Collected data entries
====================

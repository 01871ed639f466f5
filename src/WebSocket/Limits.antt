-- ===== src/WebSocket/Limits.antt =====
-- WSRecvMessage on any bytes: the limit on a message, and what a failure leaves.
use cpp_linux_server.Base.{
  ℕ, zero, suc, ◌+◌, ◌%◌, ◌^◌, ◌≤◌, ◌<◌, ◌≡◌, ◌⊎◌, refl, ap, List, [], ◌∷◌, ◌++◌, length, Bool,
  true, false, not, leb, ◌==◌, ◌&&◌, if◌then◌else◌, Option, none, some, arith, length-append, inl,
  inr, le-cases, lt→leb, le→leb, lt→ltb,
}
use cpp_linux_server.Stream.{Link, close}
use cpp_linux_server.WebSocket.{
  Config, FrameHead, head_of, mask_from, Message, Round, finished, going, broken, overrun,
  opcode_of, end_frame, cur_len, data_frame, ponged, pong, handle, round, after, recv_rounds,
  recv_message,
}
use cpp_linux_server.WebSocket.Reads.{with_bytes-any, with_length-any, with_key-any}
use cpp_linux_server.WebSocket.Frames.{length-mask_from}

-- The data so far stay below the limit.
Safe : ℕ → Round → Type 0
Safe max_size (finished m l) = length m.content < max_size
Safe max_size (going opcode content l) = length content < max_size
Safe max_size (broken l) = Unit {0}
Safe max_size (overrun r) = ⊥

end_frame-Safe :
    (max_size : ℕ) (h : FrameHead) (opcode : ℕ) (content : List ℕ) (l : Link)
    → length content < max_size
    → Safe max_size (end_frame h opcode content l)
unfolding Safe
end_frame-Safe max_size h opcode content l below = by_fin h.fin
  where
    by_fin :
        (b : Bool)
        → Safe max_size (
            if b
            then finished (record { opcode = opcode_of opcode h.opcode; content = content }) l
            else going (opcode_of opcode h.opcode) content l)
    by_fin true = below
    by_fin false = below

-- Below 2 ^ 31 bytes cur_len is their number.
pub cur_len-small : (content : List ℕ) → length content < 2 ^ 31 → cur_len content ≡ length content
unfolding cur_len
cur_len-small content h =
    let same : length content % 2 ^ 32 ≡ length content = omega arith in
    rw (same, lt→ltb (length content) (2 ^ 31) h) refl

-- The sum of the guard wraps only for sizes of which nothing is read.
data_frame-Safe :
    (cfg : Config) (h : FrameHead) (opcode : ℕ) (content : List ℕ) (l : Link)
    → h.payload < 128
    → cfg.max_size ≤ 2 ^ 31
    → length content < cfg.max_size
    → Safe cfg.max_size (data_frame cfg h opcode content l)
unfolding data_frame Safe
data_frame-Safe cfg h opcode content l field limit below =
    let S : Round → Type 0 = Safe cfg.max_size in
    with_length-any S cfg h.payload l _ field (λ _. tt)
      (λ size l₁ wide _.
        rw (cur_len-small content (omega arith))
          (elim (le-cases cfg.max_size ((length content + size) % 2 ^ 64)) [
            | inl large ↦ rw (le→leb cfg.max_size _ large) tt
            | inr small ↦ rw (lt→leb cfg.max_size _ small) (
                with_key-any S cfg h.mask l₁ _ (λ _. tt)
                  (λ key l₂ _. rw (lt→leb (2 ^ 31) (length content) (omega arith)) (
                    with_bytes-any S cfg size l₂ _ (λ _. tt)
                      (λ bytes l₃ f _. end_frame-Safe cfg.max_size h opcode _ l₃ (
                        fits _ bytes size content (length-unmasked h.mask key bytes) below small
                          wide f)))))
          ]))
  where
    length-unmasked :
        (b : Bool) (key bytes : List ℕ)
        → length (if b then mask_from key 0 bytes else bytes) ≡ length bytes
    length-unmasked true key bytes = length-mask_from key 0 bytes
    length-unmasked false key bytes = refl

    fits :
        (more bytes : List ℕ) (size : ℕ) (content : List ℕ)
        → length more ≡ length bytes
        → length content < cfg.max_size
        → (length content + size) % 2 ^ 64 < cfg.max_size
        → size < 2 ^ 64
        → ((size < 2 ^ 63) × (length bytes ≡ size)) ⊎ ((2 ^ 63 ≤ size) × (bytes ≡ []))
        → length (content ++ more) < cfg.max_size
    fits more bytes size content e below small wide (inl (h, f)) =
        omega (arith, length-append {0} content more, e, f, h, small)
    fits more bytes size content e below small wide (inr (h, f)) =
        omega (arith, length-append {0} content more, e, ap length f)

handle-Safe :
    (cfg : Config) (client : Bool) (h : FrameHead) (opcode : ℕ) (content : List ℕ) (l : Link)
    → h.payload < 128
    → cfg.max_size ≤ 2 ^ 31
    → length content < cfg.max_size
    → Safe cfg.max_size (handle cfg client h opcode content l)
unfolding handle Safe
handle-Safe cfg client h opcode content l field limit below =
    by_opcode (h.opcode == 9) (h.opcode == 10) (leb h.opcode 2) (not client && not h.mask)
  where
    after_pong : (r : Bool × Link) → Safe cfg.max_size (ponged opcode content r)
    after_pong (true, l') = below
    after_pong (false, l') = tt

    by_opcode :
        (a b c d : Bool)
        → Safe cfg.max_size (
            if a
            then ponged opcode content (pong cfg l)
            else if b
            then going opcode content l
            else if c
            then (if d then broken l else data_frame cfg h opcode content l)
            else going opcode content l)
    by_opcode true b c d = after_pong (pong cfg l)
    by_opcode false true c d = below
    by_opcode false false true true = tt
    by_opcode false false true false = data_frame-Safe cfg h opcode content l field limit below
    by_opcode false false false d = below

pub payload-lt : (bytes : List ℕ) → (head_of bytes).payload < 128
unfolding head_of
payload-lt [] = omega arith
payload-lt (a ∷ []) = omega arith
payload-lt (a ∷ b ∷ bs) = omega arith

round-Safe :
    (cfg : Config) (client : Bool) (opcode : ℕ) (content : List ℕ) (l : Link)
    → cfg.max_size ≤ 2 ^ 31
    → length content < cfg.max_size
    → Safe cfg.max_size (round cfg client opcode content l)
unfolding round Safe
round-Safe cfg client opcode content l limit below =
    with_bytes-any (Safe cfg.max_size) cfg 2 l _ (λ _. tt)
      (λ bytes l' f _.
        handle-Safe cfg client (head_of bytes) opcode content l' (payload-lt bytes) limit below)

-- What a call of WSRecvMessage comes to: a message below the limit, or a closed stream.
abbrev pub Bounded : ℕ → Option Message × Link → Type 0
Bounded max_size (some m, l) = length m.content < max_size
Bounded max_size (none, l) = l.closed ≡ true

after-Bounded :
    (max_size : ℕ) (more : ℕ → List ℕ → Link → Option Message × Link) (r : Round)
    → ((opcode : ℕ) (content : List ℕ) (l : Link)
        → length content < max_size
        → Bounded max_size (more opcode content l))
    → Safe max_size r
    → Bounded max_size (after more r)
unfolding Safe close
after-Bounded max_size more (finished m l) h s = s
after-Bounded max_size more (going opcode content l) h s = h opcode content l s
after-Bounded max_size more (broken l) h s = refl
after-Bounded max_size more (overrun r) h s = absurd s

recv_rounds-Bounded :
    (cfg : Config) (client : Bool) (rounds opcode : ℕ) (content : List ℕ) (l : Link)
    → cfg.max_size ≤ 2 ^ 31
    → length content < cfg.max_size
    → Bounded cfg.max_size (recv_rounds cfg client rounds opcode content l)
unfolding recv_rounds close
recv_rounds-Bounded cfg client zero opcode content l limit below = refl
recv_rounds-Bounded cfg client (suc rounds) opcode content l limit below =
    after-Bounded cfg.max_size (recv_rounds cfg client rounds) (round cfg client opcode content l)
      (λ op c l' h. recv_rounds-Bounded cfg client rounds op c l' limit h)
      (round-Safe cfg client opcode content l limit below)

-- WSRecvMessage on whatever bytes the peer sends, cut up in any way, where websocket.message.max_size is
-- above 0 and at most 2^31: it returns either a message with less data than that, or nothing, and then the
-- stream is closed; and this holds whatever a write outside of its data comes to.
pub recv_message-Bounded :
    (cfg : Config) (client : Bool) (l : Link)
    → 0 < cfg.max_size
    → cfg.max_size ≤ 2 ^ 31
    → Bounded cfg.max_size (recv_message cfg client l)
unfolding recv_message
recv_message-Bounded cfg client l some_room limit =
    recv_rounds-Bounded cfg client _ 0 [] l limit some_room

====================

Required action
What lines of the data contain the string "fits"? List them.

Task solution
                        fits _ bytes size content (length-unmasked h.mask key bytes) below small
    fits :
    fits more bytes size content e below small wide (inl (h, f)) =
    fits more bytes size content e below small wide (inr (h, f)) =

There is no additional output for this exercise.